It well suited Ferrand Carey, Duke of Murtagh to rescue his wife's brother from the schemes and machinations born of the Duke of Glimmering's implacable hatred of all things Caloxan and of Kay in particular. It pleased Isobel, though she would not show it, despite having demanded Murtagh act. It put a spoke in Glimmering's encroaching, ambitious, and spitefully cruel wheel, which pleased Murtagh in several ways, which equally he would not show. Finally, it was a right thing and fully in his power and authority so to do.
It had taken Isobel, once Brightmore, now Carey, Duchess of Murtagh, nearly five years after being given to the Duke in a marriage arranged by her brother to decide she could love Murtagh. It had not taken quite so long for Murtagh to love Isobel, and he had quickly grown sincerely attached to her. Many such alliances were far less happy, though fewer more tempestuous.
What Murtagh had not in the least expected was that he had not been in Kay's presence in the Hall of the Seven Virtues five minutes before he knew himself in love with the man. It did not matter in the slightest that Kay was filthy, furious, technically a traitor and murderer (more than technically, but the situation really was more complicated than Glimmering or any number of others was willing to see, much less acknowledge, a situation of which Murtagh had taken ruthless advantage in getting the ruling he wanted from the Convocation), and chained like a dog to the bier of the man he had followed to his doom. (It was not the chain per-se that was the problem, but the viciousness of application and entire lack of consent. There was nothing whatever of the shadow about Kay, and even if there were, this was not how one went about things.) It did not matter that the man argued with a sharper tongue than his sister, at what had to be a nadir of any kind of hope. It did not matter that Kay was now blind.

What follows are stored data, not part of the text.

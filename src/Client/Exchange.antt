-- ===== src/Client/Exchange.antt =====
-- Sending a request and waiting for the response (src/client/client.c), on a connection that makes
-- progress.
use mathlib.Core.Path.{subst, sym}
use rdma_kv_store.Base.{
  ℕ, zero, suc, ◌≤◌, ◌≡◌, ◌≢◌, refl, ◌∙◌, ap, ◌⊎◌, inl, inr, true, false, List, ◌∷◌, arith, ℤ, pos,
  negsuc, neg, truthy, is_neg, is_int, Bool-cases,
}
use rdma_kv_store.Common.{rc}
use rdma_kv_store.Verbs.{WorkRequest, Call, Os, Flow, next, post_recv, post_send}
use rdma_kv_store.Verbs.Buffers.{post_recieve, post_send_wr}
use rdma_kv_store.Verbs.Polling.{Progresses, times, process_work_completion_events-WcResult}
use rdma_kv_store.Setup.{sizeof_request, sizeof_response}
use rdma_kv_store.Client.{Client, lkey_of}
use rdma_kv_store.Client.Rc.{rc_send_request, rc_receive_response}
use rdma_kv_store.Client.Dispatch.{send_by, receive_by, send_request, receive_response}

-- A function of the client that returns, leaves the client as it is, and has a result of this kind.
abbrev pub Yields : {R : Type 0} → (ℤ → Type 0) → Client → Flow Client R ℤ → Type 0
Yields P s flow = (v : ℤ) × (log' : List Call) × (flow ≡ next v log' s) × P v

-- 0, or an error.
abbrev pub Sent : ℤ → Type 0
Sent v = (v ≡ pos 0) ⊎ (is_neg v ≡ true)

-- Not 0: something positive, or an error.
abbrev pub Received : ℤ → Type 0
Received v = truthy v ≡ true

-- Every request that is sent, and every response that is waited for, comes to an end.
pub record Exchanges (R : Type 0) (os : Os) (fuel : ℕ) (s : Client) : Type 0 where
  pub sends : (log : List Call) → Yields Sent s (send_request {R = R} fuel os log s)
  pub receives : (log : List Call) → Yields Received s (receive_response {R = R} fuel os log s)

-- What an RC client relies on: registered buffers, receives that can be posted, and a queue that makes
-- progress.
pub record RcReady (os : Os) (fuel b : ℕ) (s : Client) : Type 0 where
  pub is_rc : s.conn_t ≡ rc
  pub spins : s.blocking ≡ false
  pub request_mr : s.rc_conn.client_request_mr ≢ 0
  pub response_mr : s.rc_conn.client_response_mr ≢ 0
  pub progress : Progresses os s.rc_conn.client_cq b
  pub posts :
      (log : List Call) (wr : WorkRequest)
      → truthy (os.int log (post_recv s.rc_conn.client_qp wr)) ≡ false
  pub enough : times 1 b ≤ fuel

pub neg-errors : (n : ℕ) → n ≢ 0 → is_neg (neg n) ≡ true
neg-errors zero h = absurd (h refl)
neg-errors (suc n) h = refl

neg-Sent : (n : ℕ) → Sent (neg n)
neg-Sent zero = inl refl
neg-Sent (suc n) = inr refl

pub truthy-neg : (v : ℤ) → is_neg v ≡ true → truthy v ≡ true
truthy-neg (pos n) h = absurd cc
truthy-neg (negsuc n) h = refl

lkey_of-some :
    {R : Type 0} (os : Os) (log : List Call) (s : Client) (mr : ℕ)
    → mr ≢ 0
    → lkey_of {R = R} mr os log s ≡ next (os.lkey mr) log s
lkey_of-some os log s zero h = absurd (h refl)
lkey_of-some os log s (suc mr) h = refl

not_one : (v : ℤ) → is_neg v ≡ true → is_int v 1 ≡ false
not_one (pos n) h = absurd cc
not_one (negsuc n) h = refl

module _ {R : Type 0} (os : Os) (fuel b : ℕ) (s : Client) (ready : RcReady os fuel b s)
    (log : List Call) where
  rc_send_request-Sent : Yields Sent s (rc_send_request {R = R} fuel false os log s)
  unfolding rc_send_request post_send_wr
  rc_send_request-Sent =
      let c = s.rc_conn in
      let call : Call = post_send c.client_qp (record {
        wr_id = 1;
        addr = c.request;
        size = sizeof_request;
        lkey = os.lkey c.client_request_mr;
      }) in
      let (v, log', run, result) =
        process_work_completion_events-WcResult {S = Client} {R = ℤ} fuel c.io_completion_channel 1
          c.client_cq b os (call ∷ log) s (omega arith) ready.progress ready.enough in
      rw (lkey_of-some {R = ℤ} os log s c.client_request_mr ready.request_mr)
        (elim (Bool-cases (truthy (os.int log call))) [
          | inl failed ↦
              rw failed
                (neg (os.errno (call ∷ log)), call ∷ log, refl, neg-Sent (os.errno (call ∷ log)))
          | inr fine ↦
              rw (fine, run)
                (elim result [
                  | inl e ↦ rw e (pos 0, log', refl, inl refl)
                  | inr bad ↦ rw (not_one v bad) (v, log', refl, inr bad)
                ])
        ])

  rc_receive_response-Received : Yields Received s (rc_receive_response {R = R} fuel false os log s)
  unfolding rc_receive_response post_recieve
  rc_receive_response-Received =
      let c = s.rc_conn in
      let wr : WorkRequest = record {
        wr_id = 0;
        addr = c.response;
        size = sizeof_response;
        lkey = os.lkey c.client_response_mr;
      } in
      let call : Call = post_recv c.client_qp wr in
      let fine = ready.posts log wr in
      let (v, log', run, result) =
        process_work_completion_events-WcResult {S = Client} {R = ℤ} fuel c.io_completion_channel 1
          c.client_cq b os (call ∷ log) s (omega arith) ready.progress ready.enough in
      rw (lkey_of-some {R = ℤ} os log s c.client_response_mr ready.response_mr) (
        rw (fine, run)
          (elim result [
            | inl e ↦ rw e (pos 1, log', refl, refl)
            | inr bad ↦ rw (not_one v bad) (v, log', refl, truthy-neg v bad)
          ]))

-- An RC client.
pub Exchanges-rc :
    {R : Type 0} (os : Os) (fuel b : ℕ) (s : Client) → RcReady os fuel b s → Exchanges R os fuel s
unfolding send_request send_by receive_response receive_by
Exchanges-rc {R} os fuel b s ready = record {
  sends = λ log.
      subst (Yields Sent s)
        (sym (
          ap (λ t. send_by {R = R} t fuel os log s) ready.is_rc
          ∙ ap (λ k. rc_send_request {R = R} fuel k os log s) ready.spins))
        (rc_send_request-Sent {R = R} os fuel b s ready log);
  receives = λ log.
      subst (Yields Received s)
        (sym (
          ap (λ t. receive_by {R = R} t fuel os log s) ready.is_rc
          ∙ ap (λ k. rc_receive_response {R = R} fuel k os log s) ready.spins))
        (rc_receive_response-Received {R = R} os fuel b s ready log);
}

And it apparently did not matter — or perhaps it did, Murtagh was not then in a self-interrogatory state of mind, nor particularly interested in pursuing the question of his own temper beyond making sure it served his purpose and did not interfere with his aims — that Murtagh was as enraged as he had ever known himself to be. For Kay, not at him. At Glimmering, at obstructive and officious grudge holders and bureaucrats who had chosen to inflame rather than attempt to understand a conquered people, at the calculated inhumanity of Glimmering's treatment of Kay, even at Gerrard Hume for getting himself killed in such a way. But not at Kay Brightmore, no longer Margrave of Rothmarlin, but most definitely still his brother-in-law. Having Kay argue back was cause for relief, not ire; and it struck an unlooked-for blow over Murtagh's own heart. All that passion and brilliance, that Kay would never recognize as out of the common way, intact even under these appalling circumstances.
But why should he not love that fire in Kay as he had come to love it in Isobel? Except it was not just the fire that was gripping Murtagh's heart fast, but the man himself. Flesh and form as well as mind and heart. He had never before given thought to Kay that way, not even when crafting the solution of marriage to Vanessa as a means to serve many ends, not the least of which was to put someone who understood good governance in a place sore in need of it. Kay had been a peer, a Margrave, an intellect to reckon with, a formidable fighter with words and blades. Male, but not a man to interest the flame in Murtagh, and never perceived as a man he might desire as well as respect. Perhaps it was the chains and near-nakedness after all that had gotten through to him, made Murtagh see what he otherwise would not. Except that the feeling constricting his chest was not the flame's desire for shadow. It was deeper and more complex than that.
Furthermore, were Murtagh to express any such thing, Kay would not believe it. Friendship, though, that he might eventually accept, even return.
After freeing him from the the hall, guiding Kay to the Althammara by the shortest way possible, which meant only one expanse of cobbles but several flights of stairs, gave Murtagh a chance to think as well as attempt to assess Kay more closely. Most of the physical insults would heal, and Murtagh chose to believe that the wounds to his spirit would eventually as well. Water, bandages, use of a razor, even the advice of a physician-practitioner Kay would accept with grace. The other comforts — dress, lodging, the assistance of a manservant, other necessities — he would submit to with the stiff-necked tolerance Murtagh knew of old and even understood, to a point. Kay had no other choice, did he decide to live, and to Murtagh's sternly suppressed relief he had chosen life. And Kay would marry Vanessa Palliser, however little he liked the idea, because he had already made that decision.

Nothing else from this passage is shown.